The less doom-laden news is that it won’t happen yet. The software is hugely impressive but its writing to date lacks spark, meaning that while it may suffice for basic, more turgid corporate work, for anything more creative it has a way to go. But the next iteration will improve, and with its increased sophistication, these issues will increasingly come to the fore.

What next?

Realistically, the only option is to embrace AI in some form or other, lest we face the fate of the last silent film stars, unable to find their worth in a world of sound. For as long as there has been technology, there have been technological advancements. This is a seismic one, but not necessarily a death knell or guarantee of future obsolescence. As noted earlier, ChatGPT’s output is only as good as its input. The ability to maximise the quality of that output through a smart use of prompts will soon become a pivotal skill. And for so long as the quality of the software’s writing remains competent but limited, adding more interesting layers to quickly generated AI jumping off points may prove key too. Though there are pitfalls to that…

AI and creativity

The acclaimed author Ted Chiang recently offered his views in the New Yorker. One of his primary concerns was the impact on originality, particularly regarding writing. “If you’re a writer, you will write a lot of unoriginal work before you write something original,” he said. “And the time and effort expended on that unoriginal work isn’t wasted; on the contrary, I would suggest that it is precisely what enables you to eventually create something original.”6

More specifically, on the idea of ChatGPT’s potential role as a tool for kickstarting ideas that could then be sharpened and expanded on, he writes:

Your first draft isn’t an unoriginal idea expressed clearly; it’s an original idea expressed poorly, and it is accompanied by your amorphous dissatisfaction, your awareness of the distance between what it says and what you want it to say. That’s what directs you during rewriting, and that’s one of the things lacking when you start with text generated by an A.I.

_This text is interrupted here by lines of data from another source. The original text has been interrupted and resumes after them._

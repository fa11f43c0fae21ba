-- ===== src/Server/Tests.antt =====
-- Runs of src/network/srv/server.c on two names, one address of which can be listened on.
use agentsmith.Base.{ℕ, Bool, List, true, false, [], ◌∷◌, some, ◌==◌, ◌≡◌, arith, replicate}
use agentsmith.Base.Outcome.{ret}
use agentsmith.Queue.{Agent}
use agentsmith.Server.{Attempt, Arrival}
use agentsmith.Server.Listening.{AreSmall}
use agentsmith.Server.Loop.{Select, interrupted, failed, ready, server_thread, server_thread-served}

abbrev here : Agent
here = record { supported = true; sockaddr = replicate 16 2 }

abbrev attempts : ℕ → Attempt
attempts i = record { socket = some 5; bind = i == 1; listen = true }

attempts-AreSmall : AreSmall attempts
attempts-AreSmall i fd h = ground (arith, h)

-- Two connections arrive, the second of which gets no thread; a signal comes before.
abbrev arrival : ℕ → Bool → Arrival
arrival fd created = record {
  sock_addr = true;
  sem_getvalue = λ i. (0, 1);
  accept = some fd;
  thr_args = true;
  create = created;
}

abbrev answers : List Select
answers =
    interrupted
    ∷ ready (λ fd. true) (λ fd. arrival 7 true)
    ∷ ready (λ fd. true) (λ fd. arrival 8 false)
    ∷ failed
    ∷ []

server_thread-served_example :
    server_thread false 0 0 0 attempts ((here ∷ here ∷ []) ∷ (here ∷ []) ∷ []) answers
    ≡ ret (7 ∷ [])
server_thread-served_example =
    server_thread-served attempts ((here ∷ here ∷ []) ∷ (here ∷ []) ∷ []) answers attempts-AreSmall
      (omega arith)
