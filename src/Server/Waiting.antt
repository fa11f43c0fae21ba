-- ===== src/Server/Waiting.antt =====
-- The loops of src/network/srv/server.c that wait for the workers.
use agentsmith.Base.{
  ℕ, zero, suc, ◌+◌, ◌≤◌, false, ◌==◌, ltb, ◌≡◌, ◌≢◌, ◌⊎◌, inl, inr, arith, Bool-cases, ne_of_test,
}
use agentsmith.Server.{wait_for, max_wait_worker}

wait_for_lem :
    (sem_getvalue : ℕ → ℕ × ℕ) (enough slept left : ℕ)
    → (slept ≤ wait_for sem_getvalue enough slept left)
      × (wait_for sem_getvalue enough slept left ≤ slept + left)
      × ((wait_for sem_getvalue enough slept left ≡ slept + left)
          ⊎ (enough ≤ (sem_getvalue (wait_for sem_getvalue enough slept left)).1)
          ⊎ ((sem_getvalue (wait_for sem_getvalue enough slept left)).0 ≢ 0))
unfolding wait_for
wait_for_lem sem_getvalue enough slept zero = (omega arith, omega arith, inl (omega arith))
wait_for_lem sem_getvalue enough slept (suc left) =
    elim (Bool-cases (ltb (sem_getvalue slept).1 enough)) [
      | inr h ↦ rw h (omega arith, omega arith, inr (inl (not_less _ _ h)))
      | inl h ↦ elim (Bool-cases ((sem_getvalue slept).0 == 0)) [
        | inr k ↦ rw (h, k) (omega arith, omega arith, inr (inr (ne_of_test _ _ k)))
        | inl k ↦
            let (lo, hi, end) = wait_for_lem sem_getvalue enough (slept + 1) left in
            rw (h, k)
              (omega arith, omega arith, elim end [ inl e ↦ inl (omega arith) | inr e ↦ inr e ])
      ]
    ]
  where
    not_less : (a b : ℕ) → ltb a b ≡ false → b ≤ a
    not_less a b h = ground arith

-- A wait for the semaphore sleeps ten times at most. If it goes on before that, the semaphore had the value
-- that was waited for, or its value could not be read.
pub wait_for_bounded :
    (sem_getvalue : ℕ → ℕ × ℕ) (enough : ℕ)
    → (wait_for sem_getvalue enough 0 max_wait_worker ≤ max_wait_worker)
      × ((wait_for sem_getvalue enough 0 max_wait_worker ≡ max_wait_worker)
          ⊎ (enough ≤ (sem_getvalue (wait_for sem_getvalue enough 0 max_wait_worker)).1)
          ⊎ ((sem_getvalue (wait_for sem_getvalue enough 0 max_wait_worker)).0 ≢ 0))
wait_for_bounded sem_getvalue enough =
    let (lo, hi, end) = wait_for_lem sem_getvalue enough 0 max_wait_worker in (hi, end)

Legendary musician Nick Cave goes one further when discussing AI-generated music. “It could perhaps in time create a song that is, on the surface, indistinguishable from an original,” he says, “but it will always be a replication, a kind of burlesque.”7 Before adding, in potentially the most Nick Cavey of all Nick Cave quotes, “Songs arise out of suffering…data doesn’t suffer.”


The truth is that, as of right now, we don’t know quite how impactful AI tools like ChatGPT and DALL-E will prove to be. But the smart money is on very. As such, it’s worth taking time to understand the software now, at least in some capacity, so as not to be blindsided when more sophisticated versions of the software emerge in the future to truly shake things up.

AI will feature increasingly prominently in day-to-day work. This may cause professional displacement, or potentially it will make jobs we’ve long taken for granted more specialised. As we have learned in other industries, there will always be a market for the hand-crafted and bespoke – the homemade mixtape your friend tailored for you will always have more charm than the playlist the algorithm made. The future is uncertain, but as George Bernard Shaw said, “Progress is impossible without change.” Let’s hope the inevitable change AI instigates will take us forward.